The issue of undue influence: Much that has been already said has a bearing on the question whether this issue should have been framed for jury trial. The principles governing the framing of issues for jury trial in will cases are discussed in Fuller v. Sylvia, 240 Mass. 49. They have been consistently followed since. “The decision of the probate judge adverse to the motion is entitled to weight even though the record discloses everything which was before him. An element of discretion is vested in him which will be given weight on appeal.” Hannon v. Gorman, 296 Mass. 437, 438. As was said in that case, a recital of expected testimony would ordinarily add nothing to the jurisprudence of the Commonwealth.
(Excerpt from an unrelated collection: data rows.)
-- ===== src/Trie/Build.antt =====
-- The trie of a configuration: insert_redirect, build and referenced_rule_files of
-- shared/src/domain_trie.rs. What a list file holds, if it can be read, is the parameter
-- `read_to_string`. A HashSet is a list, of which only membership is asked.

pub mod Files
pub mod Rules
pub mod Verdict
use dns_relay.Prelude.{
  Bool, false, ◌&&◌, ◌||◌, not, Option, none, some, List, [], ◌∷◌, ◌++◌, ◌==◌, if◌then◌else◌, map,
}
use dns_relay.Prelude.Slices.{Bytes}
use dns_relay.Dns.Text.{is_empty}
use dns_relay.Dns.Text.Spaces.{trim, split_byte, split_once, before_any, starts_with, has}
use dns_relay.Trie.{DomainTrie, redirect, new_trie, insert_drop, insert_with_policy}
use dns_relay.Trie.Blocklist.{parse_blocklist}

abbrev root_slash : Bytes
root_slash = b'/' ∷ []

abbrev here_slash : Bytes
here_slash = b'.' ∷ b'/' ∷ []

abbrev parent_slash : Bytes
parent_slash = b'.' ∷ b'.' ∷ b'/' ∷ []

unfoldable pub is_file_reference : Bytes → Bool
unfolding starts_with
is_file_reference pattern =
    starts_with pattern root_slash
    || starts_with pattern here_slash
    || starts_with pattern parent_slash

-- The addresses of a target, each without a port.
unfoldable pub redirect_ips : Bytes → List Bytes
unfolding split_byte before_any
redirect_ips target = map (before_any (λ b. b == b':')) (split_byte b',' target)

abbrev is_hash : Bytes → Bool
is_hash [] = false
is_hash (b ∷ _) = b == b'#'

-- An empty entry or a comment.
abbrev pub is_skipped : Bytes → Bool
is_skipped pattern = is_empty pattern || is_hash pattern

-- `files.insert(..)` of a HashSet, in the order of the first insertions.
abbrev add_file : Bytes → List Bytes → List Bytes
add_file entry files =
    let known = has files entry in
    if is_file_reference entry && not known then entry ∷ files else files

unfoldable pub files_of : List Bytes → List Bytes
unfolding trim has is_file_reference
files_of [] = []
files_of (entry ∷ entries) = add_file (trim entry) (files_of entries)

-- The files that the entries name, in some order.
unfoldable pub referenced_rule_files : List Bytes → List (Bytes × Bytes) → List Bytes
unfolding files_of
referenced_rule_files drop_list redirect_list =
    files_of (drop_list ++ map (λ entry. entry.0) redirect_list)

module _ (lower_wide : Bytes → Bytes) (read_to_string : Bytes → Option Bytes) where
  unfoldable pub insert_redirect : Bytes → Bytes → DomainTrie → DomainTrie
  unfolding insert_with_policy redirect_ips
  insert_redirect pattern target trie =
      insert_with_policy lower_wide pattern (redirect (redirect_ips target)) trie

  abbrev pub contents_of : Option Bytes → List Bytes
  contents_of none = []
  contents_of (some content) = parse_blocklist content

  unfoldable pub read_list_file : Bytes → List Bytes
  unfolding parse_blocklist
  read_list_file path = contents_of (read_to_string path)

  -- `seen_drop_patterns` and the trie.
  abbrev pub Drops : Type 0
  Drops = List Bytes × DomainTrie

  unfoldable pub drop_pattern : Bytes → Drops → Drops
  unfolding has
  drop_pattern pattern (seen, trie) =
      if has seen pattern
      then (seen, trie)
      else (pattern ∷ seen, insert_drop lower_wide pattern trie)

  unfoldable pub drop_patterns : List Bytes → Drops → Drops
  unfolding drop_pattern
  drop_patterns [] s = s
  drop_patterns (pattern ∷ patterns) s = drop_patterns patterns (drop_pattern pattern s)

  abbrev pub drop_entry : Bytes → Drops → Drops
  drop_entry pattern s =
      if is_skipped pattern
      then s
      else if is_file_reference pattern
      then drop_patterns (read_list_file pattern) s
      else drop_pattern pattern s

  unfoldable pub drop_entries : List Bytes → Drops → Drops
  unfolding drop_patterns trim is_file_reference read_list_file
  drop_entries [] s = s
  drop_entries (entry ∷ entries) s = drop_entries entries (drop_entry (trim entry) s)

  abbrev redirect_pair : Option (Bytes × Bytes) → DomainTrie → DomainTrie
  redirect_pair none trie = trie
  redirect_pair (some (from, to)) trie =
      if not (is_empty (trim from)) && not (is_empty (trim to))
      then insert_redirect (trim from) (trim to) trie
      else trie

  unfoldable pub redirect_lines : List Bytes → DomainTrie → DomainTrie
  unfolding trim split_once insert_redirect
  redirect_lines [] trie = trie
  redirect_lines (line ∷ rest) trie =
      redirect_lines rest (redirect_pair (split_once b':' line) trie)

  abbrev pub redirect_entry : Bytes → Bytes → DomainTrie → DomainTrie
  redirect_entry pattern target trie =
      if is_skipped pattern
      then trie
      else if is_file_reference pattern
      then redirect_lines (read_list_file pattern) trie
      else insert_redirect pattern target trie

  unfoldable pub redirect_entries : List (Bytes × Bytes) → DomainTrie → DomainTrie
  unfolding redirect_lines trim is_file_reference read_list_file insert_redirect
  redirect_entries [] trie = trie
  redirect_entries ((pattern, target) ∷ entries) trie =
      redirect_entries entries (redirect_entry (trim pattern) target trie)

  unfoldable pub build : List Bytes → List (Bytes × Bytes) → DomainTrie
  unfolding drop_entries redirect_entries
  build drop_list redirect_list =
      redirect_entries redirect_list ((drop_entries drop_list ([], new_trie)).1)
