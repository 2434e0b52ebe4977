-- ===== src/FilePath/Inside.antt =====
-- Go's path/filepath: cleaned paths and what is joined to them.
use omni_blob.Base.{
  ℕ, ◌≡◌, refl, sym, ap, ◌∙◌, ◌≢◌, inl, inr, Bool, true, false, ◌||◌, List, [], ◌∷◌, ◌++◌, reverse,
  arith, ◌==◌, Bool-cases, All, All-append, Text, text_eq, is_empty, has_prefix, has_prefix-append,
  has_prefix-common, has_prefix_self, has_byte, cons_head, split_on,
}
use mathlib.Core.List.{append-nil, append_assoc, reverse-append, reverse-cons, reverse-reverse}
use omni_blob.FilePath.{
  slash, dot, dot_dot, is_abs, join_with, go_up, push_element, resolve, finish, elements, clean,
  join,
}

-- An element that stays: it is none of "", "." and "..", and has no slash.
pub record IsPlain (e : Text) : Type 0 where
  pub given : is_empty e ≡ false
  pub not_dot : text_eq e dot ≡ false
  pub not_up : text_eq e dot_dot ≡ false
  pub whole : has_byte slash e ≡ false

cons_head-ne : (c : ℕ) (ws : List Text) → cons_head c ws ≢ []
cons_head-ne c [] e = cc
cons_head-ne c (w ∷ ws) e = cc

split_on-ne : (b : ℕ) (s : Text) → split_on b s ≢ []
unfolding split_on
split_on-ne b [] e = cc
split_on-ne b (c ∷ s) e = elim (Bool-cases (c == b)) [
  | inl same ↦ absurd (ground arith)
  | inr other ↦ cons_head-ne c (split_on b s) (ground arith)
]

cons_head-append :
    (c : ℕ) (xs ys : List Text) → xs ≢ [] → cons_head c (xs ++ ys) ≡ cons_head c xs ++ ys
cons_head-append c [] ys h = absurd (h refl)
cons_head-append c (w ∷ xs) ys h = refl

cons_head-All :
    (b c : ℕ) (ws : List Text)
    → (c == b) ≡ false
    → All (λ w. has_byte b w ≡ false) ws
    → All (λ w. has_byte b w ≡ false) (cons_head c ws)
unfolding has_byte
cons_head-All b c [] d h = (ground arith, tt)
cons_head-All b c (w ∷ ws) d h = (ground arith, h.1)

pub split_on-append :
    (b : ℕ) (s t : Text) → split_on b (s ++ (b ∷ t)) ≡ split_on b s ++ split_on b t
unfolding split_on
split_on-append b [] t = ground arith
split_on-append b (c ∷ s) t = ground (
  arith,
  split_on-append b s t,
  cons_head-append c (split_on b s) (split_on b t) (split_on-ne b s),
)

pub split_on-whole : (b : ℕ) (s : Text) → has_byte b s ≡ false → split_on b s ≡ s ∷ []
unfolding split_on has_byte
split_on-whole b [] h = refl
split_on-whole b (c ∷ s) h = ground (arith, split_on-whole b s)

split_on-All : (b : ℕ) (s : Text) → All (λ w. has_byte b w ≡ false) (split_on b s)
unfolding split_on has_byte
split_on-All b [] = (refl, tt)
split_on-All b (c ∷ s) = elim (Bool-cases (c == b)) [
  | inl same ↦ rw same (refl, split_on-All b s)
  | inr other ↦ rw other (cons_head-All b c (split_on b s) other (split_on-All b s))
]

pub resolve-append :
    (r : Bool) (st xs ys : List Text) → resolve r st (xs ++ ys) ≡ resolve r (resolve r st xs) ys
unfolding resolve
resolve-append r st [] ys = refl
resolve-append r st (x ∷ xs) ys = resolve-append r (push_element r st x) xs ys

pushed-IsPlain :
    (st : List Text) (e : Text)
    → All IsPlain st
    → has_byte slash e ≡ false
    → is_empty e ≡ false
    → text_eq e dot ≡ false
    → text_eq e dot_dot ≡ false
    → All IsPlain (e ∷ st)
pushed-IsPlain st e p h a b c = (record { given = a; not_dot = b; not_up = c; whole = h }, p)

go_up-IsPlain : (st : List Text) → All IsPlain st → All IsPlain (go_up true st)
unfolding go_up
go_up-IsPlain [] p = tt
go_up-IsPlain (t ∷ st) p = rw p.0.not_up p.1

push_element-IsPlain :
    (st : List Text) (e : Text)
    → All IsPlain st
    → has_byte slash e ≡ false
    → All IsPlain (push_element true st e)
unfolding push_element
push_element-IsPlain st e p h = elim (Bool-cases (is_empty e || text_eq e dot)) [
  | inl skipped ↦ rw skipped p
  | inr kept ↦ elim (Bool-cases (text_eq e dot_dot)) [
    | inl up ↦ rw (kept, up) (go_up-IsPlain st p)
    | inr down ↦ rw (kept, down) (pushed-IsPlain st e p h (ground arith) (ground arith) down)
  ]
]

resolve-IsPlain :
    (st es : List Text)
    → All IsPlain st
    → All (λ w. has_byte slash w ≡ false) es
    → All IsPlain (resolve true st es)
unfolding resolve
resolve-IsPlain st [] p h = p
resolve-IsPlain st (e ∷ es) p h =
    resolve-IsPlain (push_element true st e) es (push_element-IsPlain st e p h.0) h.1

push_element-pushes :
    (r : Bool) (st : List Text) (e : Text) → IsPlain e → push_element r st e ≡ e ∷ st
unfolding push_element
push_element-pushes r st e p = rw (p.given, p.not_dot, p.not_up)

pub resolve-pushes :
    (r : Bool) (st es : List Text) → All IsPlain es → resolve r st es ≡ reverse es ++ st
unfolding resolve
resolve-pushes r st [] p = refl
resolve-pushes r st (e ∷ es) p =
    rw (push_element-pushes r st e p.0, resolve-pushes r (e ∷ st) es p.1, reverse-cons e es)
      (sym (append_assoc (reverse es) (e ∷ []) st))

All-reverse {ℓ} : {A : Type 0} (P : A → Type ℓ) (xs : List A) → All P xs → All P (reverse xs)
All-reverse P [] h = tt
All-reverse P (x ∷ xs) h =
    rw (reverse-cons x xs) (All-append P (reverse xs) (x ∷ []) (All-reverse P xs h.1) (h.0, tt))

pub split_on-join_with :
    (w : Text) (ws : List Text)
    → All IsPlain (w ∷ ws)
    → split_on slash (join_with (w ∷ ws)) ≡ w ∷ ws
unfolding join_with
split_on-join_with w [] p = split_on-whole slash w p.0.whole
split_on-join_with w (v ∷ ws) p =
    rw (split_on-append slash w (join_with (v ∷ ws)), split_on-whole slash w p.0.whole)
      (ap (◌∷◌ w) (split_on-join_with v ws p.1))

resolve-joined :
    (st ws : List Text)
    → All IsPlain ws
    → resolve true st (split_on slash (slash ∷ join_with ws)) ≡ reverse ws ++ st
unfolding split_on resolve join_with
resolve-joined st [] p = refl
resolve-joined st (w ∷ ws) p = rw (split_on-join_with w ws p) (resolve-pushes true st (w ∷ ws) p)

-- A path that begins with a slash has plain elements only, so none of them is "..".
pub elements-IsPlain : (s : Text) → All IsPlain (elements (slash ∷ s))
unfolding elements
elements-IsPlain s =
    All-reverse IsPlain (resolve true [] (split_on slash (slash ∷ s)))
      (resolve-IsPlain [] (split_on slash (slash ∷ s)) tt (split_on-All slash (slash ∷ s)))

elements-joined :
    (b : Text) (ws : List Text)
    → All IsPlain ws
    → elements ((slash ∷ b) ++ (slash ∷ (slash ∷ join_with ws))) ≡ elements (slash ∷ b) ++ ws
unfolding elements
elements-joined b ws p = rw (
  split_on-append slash (slash ∷ b) (slash ∷ join_with ws),
  resolve-append true [] (split_on slash (slash ∷ b)) (split_on slash (slash ∷ join_with ws)),
  resolve-joined (resolve true [] (split_on slash (slash ∷ b))) ws p,
  reverse-append (reverse ws) (resolve true [] (split_on slash (slash ∷ b))),
  reverse-reverse ws,
)

-- Joining a cleaned rooted path to an absolute directory gives the elements of the directory
-- followed by those of the path.
pub join-clean :
    (b s : Text)
    → join ((slash ∷ b) ∷ clean (slash ∷ s) ∷ [])
      ≡ finish true (elements (slash ∷ b) ++ elements (slash ∷ s))
unfolding join join_with
join-clean b s = ap (finish true) (elements-joined b (elements (slash ∷ s)) (elements-IsPlain s))

pub join_with-append : (xs ys : List Text) → has_prefix (join_with (xs ++ ys)) (join_with xs) ≡ true
unfolding join_with has_prefix
join_with-append [] ys = ground arith
join_with-append (x ∷ []) [] = has_prefix_self x
join_with-append (x ∷ []) (y ∷ ys) = has_prefix-append x _
join_with-append (x ∷ v ∷ xs) ys =
    rw (has_prefix-common x (slash ∷ join_with (v ∷ (xs ++ ys))) (slash ∷ join_with (v ∷ xs)))
      (ground (arith, join_with-append (v ∷ xs) ys))

-- Clean does nothing to a rooted path of plain elements.
pub clean-finish : (ws : List Text) → All IsPlain ws → clean (finish true ws) ≡ finish true ws
unfolding clean elements finish
clean-finish ws p =
    ap (λ es. slash ∷ join_with es)
      (ap reverse (resolve-joined [] ws p ∙ append-nil (reverse ws)) ∙ reverse-reverse ws)

pub finish-prefix :
    (xs ys : List Text) → has_prefix (finish true (xs ++ ys)) (finish true xs) ≡ true
unfolding finish has_prefix
finish-prefix xs ys = join_with-append xs ys

pub clean_rooted : (b : Text) → clean (slash ∷ b) ≡ finish true (elements (slash ∷ b))
unfolding clean is_abs
clean_rooted b = refl

-- What is joined to a rooted path is clean.
pub clean-join : (b t : Text) → clean (join ((slash ∷ b) ∷ t ∷ [])) ≡ join ((slash ∷ b) ∷ t ∷ [])
unfolding join join_with
clean-join b t =
    let path = b ++ (slash ∷ t) in
    ap clean (clean_rooted path)
    ∙ clean-finish (elements (slash ∷ path)) (elements-IsPlain path)
    ∙ sym (clean_rooted path)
A recital of the statements of expected proof bearing on the question of undue influence would not in our opinion serve any useful purpose in the *45present case. See Dayton v. Glidden, 303 Mass. 268. Weighing what is set forth as to this subject in the record with what has already been said, and having in mind the changed conditions under which the instrument now offered for probate was executed, and the apparent facts that for a period of years the deceased made her brother James and her sister Katherine the principal objects of her testamentary bounty, as evidenced by the instrument executed in 1932, that it was only after the death of James in 1934 and that of her sister Mary in 1936 that in 1938 she executed the instrument now offered for probate, making Katherine, her then sole surviving sister, the principal object of her bounty, and that Katherine was her closest companion, with whom for some time before her death she lived, we think that the mere cutting down of the legacies to the children of her brother James, and of the legacy to her brother George, cannot be said, even in the face of assertions by the respondents, to have required that the issue of undue influence on the part of Katherine be framed for jury trial. We perceive nothing in the record to support a conclusion that this issue should have been framed as to the petitioner.

This opinion is that of a majority of the court.

Decree denying jury issues affirmed.